Install new plugins from a p2 repository

Atomic can install plugins from p2 repositories, e.g., when they are not available via the Eclipse Marketplace. All of the plugins provided by Eclipse are available from the official Eclipse Software Site. Third-party plugins may have their own update sites, usually specified on the plugins homepage. Atomic includes an Install Wizard to search the available plugins and install them as needed. You can access it via OptionsInstall new plugins from p2 repository. In the Wizard you have to provide the URL of a p2 repository (Atomic already includes the reference to the official Eclipse repository). Select the Software Site for additional Eclipse plugins from the Work with: field, and wait until the contents are fully loaded. The plugins are shown in categories, but you can switch categorization off in the self-explanatory Install Wizard as well.

For further information on how to install plugins from a p2 repository, cf. Example: Install Git support in Atomic.

Figure 4. Atomic's Install Wizard.

Atomic's Install Wizard.

Example: Install Git support in Atomic

In order to be able to version your corpora and annotations, and enable them for collaborative work, you may want to use a versioning system such as git, Subversion, or similar. And in order to be able to use these CVS from within Atomic, you may want to have CVS integration in the application itself instead of having to use an external command line. There are at least one (or more) plugins for this purpose available from the Eclipse p2 repository for all major version control systems.

In the case of git, the plugin you would want to install is Eclipse EGit. To install this plugin, do the following.

  • Open the Install Wizard (see above).

  • Select the p2 repository to work with, in this case Software Site for additional Eclipse plugins at http://download.eclipse.org/releases/indigo . This is the default site and is already defined in Atomic.

  • Search for "egit", or browse the category Collaboration until you find the entry "Eclipse EGit".

  • Check the checkbox next to the plugin name.

  • Click Next.

  • The wizard will calculate requirements and dependencies. Once its finished, review the items that you want to install and click Next.

  • Read the license and accept it.

  • Atomic will now install EGit. Once its finished, you will be prompted to restart Atomic. Click Restart Now.

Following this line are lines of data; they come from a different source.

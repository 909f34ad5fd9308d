-- ===== src/Graph/Topology/Correct.antt =====
-- Kahn's algorithm as a whole, the root nodes queued in any arrangement. The ids of a map's entries are unique.
use nazh.Base.{
  ℕ, suc, ◌≤◌, ◌<◌, ◌≡◌, refl, sym, ap, inr, String, List, [], ◌∷◌, ◌++◌, if◌then◌else◌, ◌==◌,
  length, Dict, arith, eq_refl, eq_iff,
}
use nazh.Graph.Types.{WorkflowEdge}
use nazh.Graph.Topology.{keys, each_node, Degrees, add_edges, zeros, drain}
use nazh.Graph.Topology.Count.{one_if, occurs, occurs-append, length-le}
use nazh.Graph.Topology.Waiting.{into, between, IsTopological, waiting_nothing_seen, waiting_mono}
use nazh.Graph.Topology.Degrees.{of_node, IsCounted-ext, IsCollected, Joined}
use nazh.Graph.Topology.Collect.{
  add_edges-IsCollected, each_node-IsCollected, IsCollected-ext, occurs-zeros,
}
use nazh.Graph.Topology.Drain.{is_free, IsDraining, drain-IsDrained}

-- some order of the ids puts every id after the sources of the edges into it
abbrev pub Sortable : List String → List WorkflowEdge → Type 0
Sortable ids es =
    (order : List String) × ((u : String) → occurs u order ≡ occurs u ids)
    × IsTopological es [] order

-- one for a node with no edge into it
abbrev pub is_root : List String → List WorkflowEdge → String → ℕ
is_root ids es u = if occurs u ids == 0 then 0 else one_if (into es u == 0)

pub length-keys : {V : Type 0} (m : Dict V) → length (keys m) ≡ length m
length-keys [] = refl
length-keys ((k, v) ∷ m) = ap suc (length-keys m)

module _ {V : Type 0} (nodes : Dict V) (unique : (u : String) → occurs u (keys nodes) ≤ 1)
    (es : List WorkflowEdge) where
  abbrev pub ids : List String
  ids = keys nodes

  abbrev pub IsReady : Degrees → Type 0
  IsReady d = IsCollected ids (into es) (between es) d

  pub collected :
      (d : Degrees)
      → add_edges nodes es (each_node 0 nodes, each_node [] nodes) ≡ inr d
      → IsReady d × Joined ids es
  collected d e =
      let (h, joined) = add_edges-IsCollected nodes es _ _ _ d (each_node-IsCollected nodes) e in
      (IsCollected-ext nodes _ _ _ _ d (λ u. omega arith) (λ v u. omega arith) h, joined)

  module _ (arrange : List String → List String)
      (permutes : (u : String) (xs : List String) → occurs u (arrange xs) ≡ occurs u xs) where
    pub occurs-roots :
        (d : Degrees) → IsReady d → (u : String) → occurs u (arrange (zeros d.0)) ≡ is_root ids es u
    occurs-roots d h u = ground (
      arith,
      permutes u (zeros d.0),
      occurs-zeros u d.0 (omega (arith, unique u, h.counts.ids_kept u)),
      h.counts.at u,
    )

    start-IsDraining :
        (d : Degrees) (h : IsReady d) → IsDraining ids es d.1 h.lists d.0 (arrange (zeros d.0)) []
    unfolding occurs
    start-IsDraining d h = record {
      counts =
          IsCounted-ext ids _ _ d.0 (λ u. ap (of_node ids u) (sym (waiting_nothing_seen es u)))
            h.counts;
      free = λ u. ground (arith, occurs-roots d h u, waiting_nothing_seen es u);
      sorted = tt;
    }

    abbrev pub drained : Degrees → List String × List String
    drained d = drain (length nodes) d.1 d.0 (arrange (zeros d.0)) []

    pub drained_lem :
        (d : Degrees)
        → IsReady d
        → ((drained d).0 ≡ [])
          × IsTopological es [] (drained d).1
          × ((u : String) → occurs u (drained d).1 ≡ is_free ids es (drained d).1 u)
    drained_lem d h =
        drain-IsDrained ids es d.1 h.lists (length nodes) d.0 (arrange (zeros d.0)) []
          (omega (arith, length-keys nodes)) (start-IsDraining d h)

    pub ordered_once :
        (d : Degrees) → IsReady d → (u : String) → occurs u (drained d).1 ≤ occurs u ids
    ordered_once d h u = ground (arith, (drained_lem d h).2 u)

    -- In an order that respects the edges, everybody is reached.
    reached :
        (d : Degrees) (h : IsReady d) (seen us : List String)
        → ((x : String) → 0 < occurs x seen → 0 < occurs x (drained d).1)
        → ((x : String) → occurs x us ≤ occurs x ids)
        → IsTopological es seen us
        → (x : String) → 0 < occurs x (seen ++ us)
        → 0 < occurs x (drained d).1
    unfolding occurs
    reached d h seen [] before nodes_only sorted x there =
        before x (omega (arith, occurs-append x seen [], there))
    reached d h seen (u ∷ us) before nodes_only sorted x there =
        reached d h (seen ++ u ∷ []) us more (λ y. omega (arith, nodes_only y)) sorted.1 x
          (ground (
            arith,
            there,
            occurs-append x seen (u ∷ us),
            occurs-append x (seen ++ u ∷ []) us,
            occurs-append x seen (u ∷ []),
          ))
      where
        here : 0 < occurs u (drained d).1
        here = ground (
          arith,
          (drained_lem d h).2 u,
          waiting_mono es seen (drained d).1 u before,
          sorted.0,
          nodes_only u,
          eq_refl u,
        )

        more : (y : String) → 0 < occurs y (seen ++ u ∷ []) → 0 < occurs y (drained d).1
        more y present =
            ground (arith, here, before y, occurs-append y seen (u ∷ []), present, eq_iff u y)

    pub drained_all :
        (d : Degrees) → IsReady d → Sortable ids es → length (drained d).1 ≡ length nodes
    unfolding occurs
    drained_all d h (order, same, sorted) =
        let all =
          reached d h [] order (λ x e. absurd (omega arith)) (λ x. omega (arith, same x)) sorted in
        let back = length-le ids (drained d).1 (λ x. ground (arith, all x, same x, unique x)) in
        let forth = length-le (drained d).1 ids (ordered_once d h) in
        omega (arith, back, forth, length-keys nodes)
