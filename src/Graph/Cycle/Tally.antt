-- ===== src/Graph/Cycle/Tally.antt =====
-- What the loop over the combined edges collects, with every end of an edge as a key.
use nazh.Base.{
  ℕ, ◌+◌, ◌≤◌, ◌<◌, ◌≡◌, refl, sym, ◌∙◌, ap, none, some, String, List, [], ◌∷◌, ◌&&◌, str_eq,
  if◌then◌else◌, ◌==◌, Dict, lookup, insert, contains_key, lookup-insert, inl, inr, arith, eq_iff,
  eq_refl, Option-cases,
}
use mathlib.Core.Path.{subst}
use nazh.Graph.Types.{WorkflowEdge}
use nazh.Graph.Topology.{keys, push_edge, Degrees, neighbors}
use nazh.Graph.Topology.Count.{one_if, occurs}
use nazh.Graph.Topology.Waiting.{into, between}
use nazh.Graph.Topology.Degrees.{IsCollected, Joined, push_edge-neighbors, contains_key-occurs}
use nazh.Graph.Cycle.{touch, count_target}
use nazh.Graph.Cycle.Names.{add_all}

-- the count of an id, 0 for one that is no key
abbrev pub tally : Dict ℕ → String → ℕ
tally m u = elim (lookup u m) [ none ↦ 0 | some n ↦ n ]

keys-insert :
    (u k : String) (v : ℕ) (m : Dict ℕ)
    → occurs u (keys (insert k v m))
      ≡ (if str_eq k u && occurs u (keys m) == 0 then 1 else occurs u (keys m))
unfolding occurs insert
keys-insert u k v [] = ground arith
keys-insert u k v ((j, x) ∷ m) =
    ground (arith, keys-insert u k v m, eq_iff j k, eq_iff k u, eq_iff j u)

-- one more key, with a count that has changed by `by`
record IsRaised (k : String) (by : ℕ) (m m' : Dict ℕ) : Type 0 where
  count : (u : String) → tally m' u ≡ tally m u + (if str_eq k u then by else 0)
  single : (u : String) → occurs u (keys m) ≤ 1 → occurs u (keys m') ≤ 1
  kept : (u : String) → 0 < occurs u (keys m) → 0 < occurs u (keys m')
  there : 0 < occurs k (keys m')

insert-IsRaised : (k : String) (by : ℕ) (m : Dict ℕ) → IsRaised k by m (insert k (tally m k + by) m)
insert-IsRaised k by m = record {
  count = λ u. ground (arith, lookup-insert k u (tally m k + by) m, eq_iff k u);
  single = λ u h. ground (arith, h, keys-insert u k (tally m k + by) m);
  kept = λ u h. ground (arith, h, keys-insert u k (tally m k + by) m);
  there = ground (arith, keys-insert k k (tally m k + by) m, eq_refl k);
}

touch-IsRaised : (k : String) (m : Dict ℕ) → IsRaised k 0 m (touch k m)
unfolding touch contains_key
touch-IsRaised k m = elim (Option-cases (lookup k m)) [
  | inl new ↦
      let r : touch k m ≡ insert k (tally m k + 0) m = ground (arith, new) in
      subst (IsRaised k 0 m) (sym r) (insert-IsRaised k 0 m)
  | inr (n, old) ↦
      let r : touch k m ≡ m = ground (arith, old) in
      subst (IsRaised k 0 m) (sym r) (record {
        count = λ u. ground arith;
        single = λ u h. h;
        kept = λ u h. h;
        there = ground (arith, old, contains_key-occurs k m);
      })
]

count_target-IsRaised : (k : String) (m : Dict ℕ) → IsRaised k 1 m (count_target k m)
unfolding count_target
count_target-IsRaised k m =
    let r : count_target k m ≡ insert k (tally m k + 1) m = ground arith in
    subst (IsRaised k 1 m) (sym r) (insert-IsRaised k 1 m)

-- what the loop has collected
pub record IsTallied (c : String → ℕ) (b : String → String → ℕ) (d : Degrees) : Type 0 where
  pub count : (u : String) → tally d.0 u ≡ c u
  pub single : (u : String) → occurs u (keys d.0) ≤ 1
  pub lists : (v u : String) → into (neighbors d.1 v) u ≡ b v u

abbrev with_edge : WorkflowEdge → Degrees → Degrees
with_edge e d = (count_target e.to (touch e.from d.0), push_edge e d.1)

module _ (e : WorkflowEdge) (d : Degrees) where
  abbrev first : IsRaised e.from 0 d.0 (touch e.from d.0)
  first = touch-IsRaised e.from d.0

  abbrev second : IsRaised e.to 1 (touch e.from d.0) (with_edge e d).0
  second = count_target-IsRaised e.to (touch e.from d.0)

  step-IsTallied :
      (c : String → ℕ) (b : String → String → ℕ)
      → IsTallied c b d
      → IsTallied
          (λ u. c u + one_if (str_eq e.to u))
          (λ v u. b v u + one_if (str_eq e.from v && str_eq e.to u))
          (with_edge e d)
  step-IsTallied c b h = record {
    count = λ u. ground (arith, first.count u, second.count u, h.count u);
    single = λ u. second.single u (first.single u (h.single u));
    lists = λ v u.
        push_edge-neighbors e v u d.1
        ∙ ap (λ n. n + one_if (str_eq e.from v && str_eq e.to u)) (h.lists v u);
  }

  step_keeps : (x : String) → 0 < occurs x (keys d.0) → 0 < occurs x (keys (with_edge e d).0)
  step_keeps x h = second.kept x (first.kept x h)

  ends_there :
      (0 < occurs e.from (keys (with_edge e d).0)) × (0 < occurs e.to (keys (with_edge e d).0))
  ends_there = (second.kept e.from first.there, second.there)

add_all_keeps :
    (es : List WorkflowEdge) (d : Degrees) (x : String)
    → 0 < occurs x (keys d.0)
    → 0 < occurs x (keys (add_all es d).0)
unfolding add_all
add_all_keeps [] d x h = h
add_all_keeps (e ∷ es) d x h = add_all_keeps es (with_edge e d) x (step_keeps e d x h)

IsTallied-ext :
    (c c' : String → ℕ) (b b' : String → String → ℕ) (d : Degrees)
    → ((u : String) → c u ≡ c' u)
    → ((v u : String) → b v u ≡ b' v u)
    → IsTallied c b d
    → IsTallied c' b' d
IsTallied-ext c c' b b' d hc hb h = record {
  count = λ u. h.count u ∙ hc u;
  single = h.single;
  lists = λ v u. h.lists v u ∙ hb v u;
}

add_all-IsTallied :
    (es : List WorkflowEdge) (c : String → ℕ) (b : String → String → ℕ) (d : Degrees)
    → IsTallied c b d
    → IsTallied (λ u. c u + into es u) (λ v u. b v u + between es v u) (add_all es d)
unfolding add_all into between
add_all-IsTallied [] c b d h = IsTallied-ext c _ b _ d (λ u. omega arith) (λ v u. omega arith) h
add_all-IsTallied (e ∷ es) c b d h =
    IsTallied-ext _ _ _ _ (add_all es (with_edge e d)) (λ u. omega arith) (λ v u. omega arith)
      (add_all-IsTallied es _ _ (with_edge e d) (step-IsTallied e d c b h))

pub add_all-Joined : (es : List WorkflowEdge) (d : Degrees) → Joined (keys (add_all es d).0) es
unfolding add_all
add_all-Joined [] d = tt
add_all-Joined (e ∷ es) d =
    let (source, target) = ends_there e d in
    (
      (
        add_all_keeps es (with_edge e d) e.from source,
        add_all_keeps es (with_edge e d) e.to target,
      ),
      add_all-Joined es (with_edge e d),
    )

-- what the loop has collected at its end, for Kahn's algorithm
module _ (es : List WorkflowEdge) where
  tallied : IsTallied (into es) (between es) (add_all es ([], []))
  unfolding occurs lookup into
  tallied =
      IsTallied-ext _ _ _ _ _ (λ u. omega arith) (λ v u. omega arith)
        (add_all-IsTallied es (λ u. 0) (λ v u. 0) ([], [])
          (record { count = λ u. refl; single = λ u. omega arith; lists = λ v u. refl }))

  pub unique_keys : (u : String) → occurs u (keys (add_all es ([], [])).0) ≤ 1
  unique_keys = tallied.single

  pub add_all-IsCollected :
      let d = add_all es ([], []) in IsCollected (keys d.0) (into es) (between es) d
  unfolding contains_key
  add_all-IsCollected = record {
    counts = record {
      at = λ u. ground (arith, tallied.count u, contains_key-occurs u (add_all es ([], [])).0);
      ids_kept = λ u. refl;
    };
    lists = tallied.lists;
  }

  • Once Atomic is restarted, EGit is installed and accessible via right-click on a project in the Navigation View (cf. Figure 5, “Sharing an Atomic project to a git repository.”). You can now use EGit to version your corpus documents or any other files you have in your workspace. For more information on how to use EGit, please refer to the EGit User Guide.

Figure 5. Sharing an Atomic project to a git repository.

Sharing an Atomic project to a git repository.

Figure 6. Configure a git repository in Atomic.

Configure a git repository in Atomic.